*PROBLEM DESCRIPTION:* Could you set down exactly the lines of the data below, starting at the one that holds "unfolding claim get_record" and ending at the one that holds "let e' = rw (absent, made, claim)", both included, and only those?

Collected data
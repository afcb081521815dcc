-- ===== src/Execution/Runtime/StoredRuns.antt =====
-- A whole run with a free key over the in-memory backend.
use agent_actum.Base.{
  ℕ, String, text_eq, ◌≡◌, sym, ap, ◌∙◌, subst, ◌⊎◌, inl, inr, true, none, some, arith,
}
use agent_actum.Model.Json.{JsonObject}
use agent_actum.Model.Exec.{ok, lift, >>=-eq-ok, Result-cases}
use agent_actum.Model.Host.{Host, short_text}
use agent_actum.Contracts.Models.{ActionIntent}
use agent_actum.Contracts.Registry.{RegisteredTool}
use agent_actum.Idempotency.Models.{
  IdempotencyRecord, IdempotencyClaim, is_completed, in_progress, validate_completion,
}
use agent_actum.Idempotency.Memory.{
  InMemoryIdempotencyBackend, get_record, claim, new_record, in_memory_backend,
}
use agent_actum.Idempotency.Memory.Claims.{Claimed, claim-Claimed}
use agent_actum.Execution.Models.{ExecutionResult}
use agent_actum.Execution.Runtime.Defs.{Handler, Run}
use agent_actum.Execution.Runtime.Stages.{claimed, claim_key, claim_from_backend, execute}
use agent_actum.Execution.Runtime.Admission.{execute-receive, run_from}
use agent_actum.Execution.Runtime.AtMostOnce.{MemoryRuntime, MemoryWorld, on_memory}
use agent_actum.Execution.Runtime.Paths.{Statement, Rules, Everywhere}
use agent_actum.Execution.Runtime.Paths.Front.{receive-by}
use agent_actum.Execution.Runtime.Triples.{Triple, Triple-Steps}
use agent_actum.Execution.Runtime.StoredResults.{HoldsResult, HeldBy, check_preconditions-stores}

acquires :
    (key : String) (c : IdempotencyClaim) (s s' : InMemoryIdempotencyBackend)
    → get_record key s ≡ none
    → Claimed key s c s'
    → (c.acquired ≡ true) × (get_record key s' ≡ some c.claimed) × (c.claimed.status ≡ in_progress)
acquires key c s s' absent (inl (got, _, held, status)) = (got, held, status)
acquires key c s s' absent (inr (_, held, _)) = cc

module _ (h : Host) (key : String) (accepted : h.accept short_text key ≡ some key) where
  new_record-key : (n : ℕ) (r : IdempotencyRecord) → new_record h key n ≡ ok r → r.key ≡ key
  unfolding validate_completion
  new_record-key n r e = let e' = rw (accepted, new_record) at e in ground arith

  -- A claim that acquires the key is held by its record.
  acquired-HeldBy :
      (c : IdempotencyClaim) (s s' : InMemoryIdempotencyBackend)
      → claim h key s ≡ (ok c, s')
      → get_record key s ≡ none
      → HeldBy c.claimed s' × (c.claimed.key ≡ key) × (c.acquired ≡ true)
  unfolding claim get_record
  acquired-HeldBy c s s' e absent = elim (Result-cases (new_record h key s.drawn)) [
    | inr (x, refused) ↦ let e' = rw (absent, refused, claim) at e in cc
    | inl (r, made) ↦
        let e' = rw (absent, made, claim) at e in
        let same_record : r ≡ c.claimed = ground arith in
        let same_key : c.claimed.key ≡ key =
          ap (λ (q : IdempotencyRecord). q.key) (sym same_record) ∙ new_record-key s.drawn r made in
        let (got, held, status) = acquires key c s s' absent (claim-Claimed h key s c s' e) in
        (
          (
            subst (λ j. get_record j s' ≡ some c.claimed) (sym same_key) held,
            ap is_completed status,
          ),
          same_key,
          got,
        )
  ]

module _ {L : Type 0} (h : Host) (key : String) where
  -- A claim of the backend under a key, in a run.
  backend_claim :
      (rt : MemoryRuntime L) (run : Run) (w u : MemoryWorld L) (c : IdempotencyClaim)
      → claim_from_backend h (on_memory h rt) run key w ≡ (ok c, u)
      → claim h key w.idempotency ≡ (ok c, u.idempotency)
  unfolding in_memory_backend
  backend_claim rt run w u c e = ap (λ q. (q.0, q.1.idempotency)) e

  module _ (accepted : h.accept short_text key ≡ some key) (rt : MemoryRuntime L) (run : Run) where
    -- The key is still free, or the run has stored what it returned.
    abbrev StoredOrFree : ExecutionResult → InMemoryIdempotencyBackend → Type 0
    StoredOrFree r i = (get_record key i ≡ none) ⊎ HoldsResult key (rt.model_dump r) i

    abbrev Stores : Statement h (on_memory h rt) run
    Stores = Triple h (on_memory h rt) run (λ i. get_record key i ≡ none) StoredOrFree

    Stores-Rules : Rules h (on_memory h rt) run Stores
    unfolding lift
    Stores-Rules = record {
      steps = Triple-Steps h (on_memory h rt) run (λ i. get_record key i ≡ none) StoredOrFree;
      ends = λ n r b w t a absent e.
          inl (subst (λ i. get_record key i ≡ none) (ap (λ q. q.1.idempotency) e) absent);
    }

    claim_key-Stores :
        (tool : RegisteredTool Handler)
        → Everywhere h
            (on_memory h rt)
            run
            Stores
            2
            (claim_key h (on_memory h rt) run tool (some key))
    unfolding claim_key
    claim_key-Stores tool w t a absent e =
        let (c, u, first, rest) =
          >>=-eq-ok (claim_from_backend h (on_memory h rt) run key)
            (claimed h (on_memory h rt) run tool) w t e in
        let (held, same_key, got) =
          acquired-HeldBy h key accepted c w.idempotency u.idempotency
            (backend_claim rt run w u c first) absent in
        inr (
          subst (λ k. HoldsResult k (rt.model_dump a) t.idempotency) same_key
            (check_preconditions-stores h rt run c tool u t a held (rw got at rest)))

  -- A run with a free key that returns leaves the key free or has stored what it returned.
  pub execute-stores :
      (accepted : h.accept short_text key ≡ some key) (rt : MemoryRuntime L) (a : ActionIntent)
      (ctx : JsonObject) (w t : MemoryWorld L) (r : ExecutionResult)
      → a.idempotency_key ≡ some key
      → get_record key w.idempotency ≡ none
      → execute h (on_memory h rt) a ctx w ≡ (ok r, t)
      → (get_record key t.idempotency ≡ none) ⊎ HoldsResult key (rt.model_dump r) t.idempotency
  execute-stores accepted rt a ctx w t r given absent e =
      let run = run_from h a ctx w.drawn in
      receive-by h (on_memory h rt) run (Stores accepted rt run) (Stores-Rules accepted rt run) 1
        (λ tool _.
          subst
            (λ k.
              Everywhere h (on_memory h rt) run (Stores accepted rt run) 2
                (claim_key h (on_memory h rt) run tool k))
            (sym given) (claim_key-Stores accepted rt run tool))
        _ t r absent (sym (execute-receive h (on_memory h rt) a ctx w) ∙ e)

*EXERCISE ANSWER:*
  unfolding claim get_record
  acquired-HeldBy c s s' e absent = elim (Result-cases (new_record h key s.drawn)) [
    | inr (x, refused) ↦ let e' = rw (absent, refused, claim) at e in cc
    | inl (r, made) ↦
        let e' = rw (absent, made, claim) at e in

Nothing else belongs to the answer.